Comment analyser justement certains discours, qui déplorent la couverture faite des attentats en Syrie, en Irak ou encore au Liban ?
Il y a un réel problème d’équivalence morale. Mais j’ai l’impression que les journalistes sont de plus conscients de ce « deux poids deux mesures ». Je pense qu’il y a eu une exaspération et un déclic après les attentats de Boston. Les médias de masse en ont fait une couverture complètement dingue, alors que le même jour, cinquante personnes ont été tuées en Irak. J’ai récupéré une page du journal 20 Minutes où Boston occupait la page entière et l’Irak un entre-filet. Les journalistes parlent souvent de la loi du « mort au kilomètre ». Mais, si on fait bien attention, on est plus proche de Bagdad que de Boston. Ce qui fait la différence, c’est plutôt l’effet CNN et la proximité culturelle.

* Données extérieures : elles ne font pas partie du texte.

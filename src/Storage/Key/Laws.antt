-- ===== src/Storage/Key/Laws.antt =====
-- What `ValidateKey` accepts.
use stratus_backend.Prelude.{
  ℕ, ◌≤◌, ◌≡◌, ◌≢◌, ◌↔◌, inl, inr, refl, ◌∙◌, Bool, true, false, ◌&&◌, List, [], ◌∷◌, none, some,
  arith, length, All, All-map, Option-cases,
}
use stratus_backend.Prelude.Text.{
  Bytes, codes, Lacks, beq, split, contains-Lacks, contains-eq-false, split_cons,
}
use stratus_backend.Prelude.Segments.{
  IsPrintable, has_control-IsPrintable, printable-has_control, beq-ne, ne-beq, no_leading_sep,
  no_trailing_sep, nonempty,
}
use stratus_backend.Prelude.Utf8.{runes}
use stratus_backend.Storage.Key.{
  max_key_len, max_segment_len, starts_with_dot, segment_fault, segments_fault, validate_key,
}

abbrev pub IsSegment : Bytes → Type 0
IsSegment seg = (seg ≢ []) × (seg ≢ codes ".") × (seg ≢ codes "..") × (length seg ≤ max_segment_len)

-- The grammar that the comment of ValidateKey describes, in terms of the whole text and its parts.
pub record IsKey (key : Bytes) : Type 0 where
  pub utf8 : (rs : List ℕ) × (runes key ≡ some rs) × All IsPrintable rs
  pub fits : length key ≤ max_key_len
  pub no_backslash : Lacks b'\\' key
  pub not_reserved : starts_with_dot key ≡ false
  pub segments : All IsSegment (split key b'/')

segment_ok :
    (first : Bool) (seg : Bytes)
    → IsSegment seg
    → first && starts_with_dot seg ≡ false
    → segment_fault first seg ≡ none
unfolding segment_fault
segment_ok first seg (h₀, h₁, h₂, h₃) d =
    ground (arith, beq-ne seg [] h₀, beq-ne seg (codes ".") h₁, beq-ne seg (codes "..") h₂)

ok_segment :
    (first : Bool) (seg : Bytes)
    → segment_fault first seg ≡ none
    → IsSegment seg × (first && starts_with_dot seg ≡ false)
unfolding segment_fault
ok_segment first seg h =
    let a : beq seg [] ≡ false = ground arith in
    let b : beq seg (codes ".") ≡ false = ground arith in
    let c : beq seg (codes "..") ≡ false = ground arith in
    let d : length seg ≤ max_segment_len = ground arith in
    let e : first && starts_with_dot seg ≡ false = ground arith in
    ((ne-beq seg [] a, ne-beq seg (codes ".") b, ne-beq seg (codes "..") c, d), e)

segments_ok : (segs : List Bytes) → All IsSegment segs → segments_fault false segs ≡ none
unfolding segments_fault
segments_ok [] h = refl
segments_ok (seg ∷ segs) (h, hs) =
    rw (segment_ok false seg h refl, segments_fault) (segments_ok segs hs)

ok_segments :
    (first : Bool) (segs : List Bytes) → segments_fault first segs ≡ none → All IsSegment segs
unfolding segments_fault
ok_segments first [] h = tt
ok_segments first (seg ∷ segs) h = elim (Option-cases (segment_fault first seg)) [
  | inl e ↦ ((ok_segment first seg e).0, ok_segments false segs (rw (e, segments_fault) at h))
  | inr (f, e) ↦ cc (rw (e, segments_fault) at h)
]

-- The first part begins as the text does, where it is not empty.
split-starts_with_dot :
    (key p : Bytes) (ps : List Bytes)
    → split key b'/' ≡ p ∷ ps
    → p ≢ []
    → starts_with_dot p ≡ starts_with_dot key
unfolding split starts_with_dot
split-starts_with_dot [] p ps h n = cc
split-starts_with_dot (c ∷ key) p ps h n = let (q, qs, e) = split_cons key b'/' in ground arith

first_segment_ok :
    (key : Bytes) → segments_fault true (split key b'/') ≡ none → starts_with_dot key ≡ false
unfolding segments_fault
first_segment_ok key h =
    let (p, ps, e) = split_cons key b'/' in
    elim (Option-cases (segment_fault true p)) [
      | inl f ↦ let (ok, d) = ok_segment true p f in cc (d, split-starts_with_dot key p ps e ok.0)
      | inr (f, g) ↦ cc (rw (e, g, segments_fault) at h)
    ]

segments_ok_first :
    (key : Bytes)
    → All IsSegment (split key b'/')
    → starts_with_dot key ≡ false
    → segments_fault true (split key b'/') ≡ none
unfolding segments_fault
segments_ok_first key h d =
    let (p, ps, e) = split_cons key b'/' in
    let hs : All IsSegment (p ∷ ps) = rw e at h in
    rw (e, segment_ok true p hs.0 (split-starts_with_dot key p ps e hs.0.0 ∙ d), segments_fault)
      (segments_ok ps hs.1)

IsKey-of_none : (key : Bytes) → validate_key key ≡ none → IsKey key
unfolding validate_key
IsKey-of_none key h = elim (Option-cases (runes key)) [
  | inl e ↦ absurd (ground arith)
  | inr (rs, e) ↦
      let segs : segments_fault true (split key b'/') ≡ none = ground arith in
      record {
        utf8 = (rs, e, has_control-IsPrintable rs (ground arith));
        fits = ground arith;
        no_backslash = contains-Lacks key b'\\' (ground arith);
        not_reserved = first_segment_ok key segs;
        segments = ok_segments true (split key b'/') segs;
      }
]

none_of_key : (key : Bytes) → IsKey key → validate_key key ≡ none
unfolding validate_key
none_of_key key k =
    let (rs, e, printable) = k.utf8 in
    let parts = All-map IsSegment (λ seg. seg ≢ []) (λ seg h. h.0) (split key b'/') k.segments in
    ground (
      arith,
      e,
      printable-has_control rs printable,
      no_leading_sep key b'/' parts,
      no_trailing_sep key b'/' parts,
      contains-eq-false key b'\\' k.no_backslash,
      segments_ok_first key k.segments k.not_reserved,
      nonempty key b'/' parts,
    )

-- A key is accepted exactly when it is a key of the grammar: valid UTF-8 with no control character
-- and no backslash, at most 1024 bytes, not beginning with a dot, and each part between slashes
-- neither empty nor `.` nor `..` nor longer than 255 bytes.
pub validate_key-none : (key : Bytes) → (validate_key key ≡ none) ↔ IsKey key
validate_key-none key = (IsKey-of_none key, none_of_key key)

La société civile française semble avoir résisté pendant longtemps à la théorie du « choc des civilisations », lancée à la fin du XXe siècle par l’Américain Samuel Huttington. Le verrou a-t-il sauté après les attentats de 2015 ?
Le problème, c’est que le choc des civilisations devient malheureusement une prophétie auto-réalisatrice. Les décisions politiques partent du principe que cette guerre civilisationnelle existe, qu’on le veuille ou non. Cela produit en retour une sorte de clivage entre l’Occident, qui, sans le nommer, fait la guerre au djihadisme. Mais cette théorie produit des effets. On se focalise en permanence sur les populations musulmanes à qui l’on demande de se désolidariser. On demande à ne pas faire d’amalgame, mais cela insinue qu’on pourrait en faire. Et tout cela sur fond de durcissement global des rapports sociaux. Ce qui amène aujourd’hui beaucoup de gens à parler de l’échec du multiculturalisme et du modèle républicain.
Cyril Simon
Sidérations. Une sociologie des attentats, de Gérôme Truc, PUF, « Le lien social », 344 p., 22 €.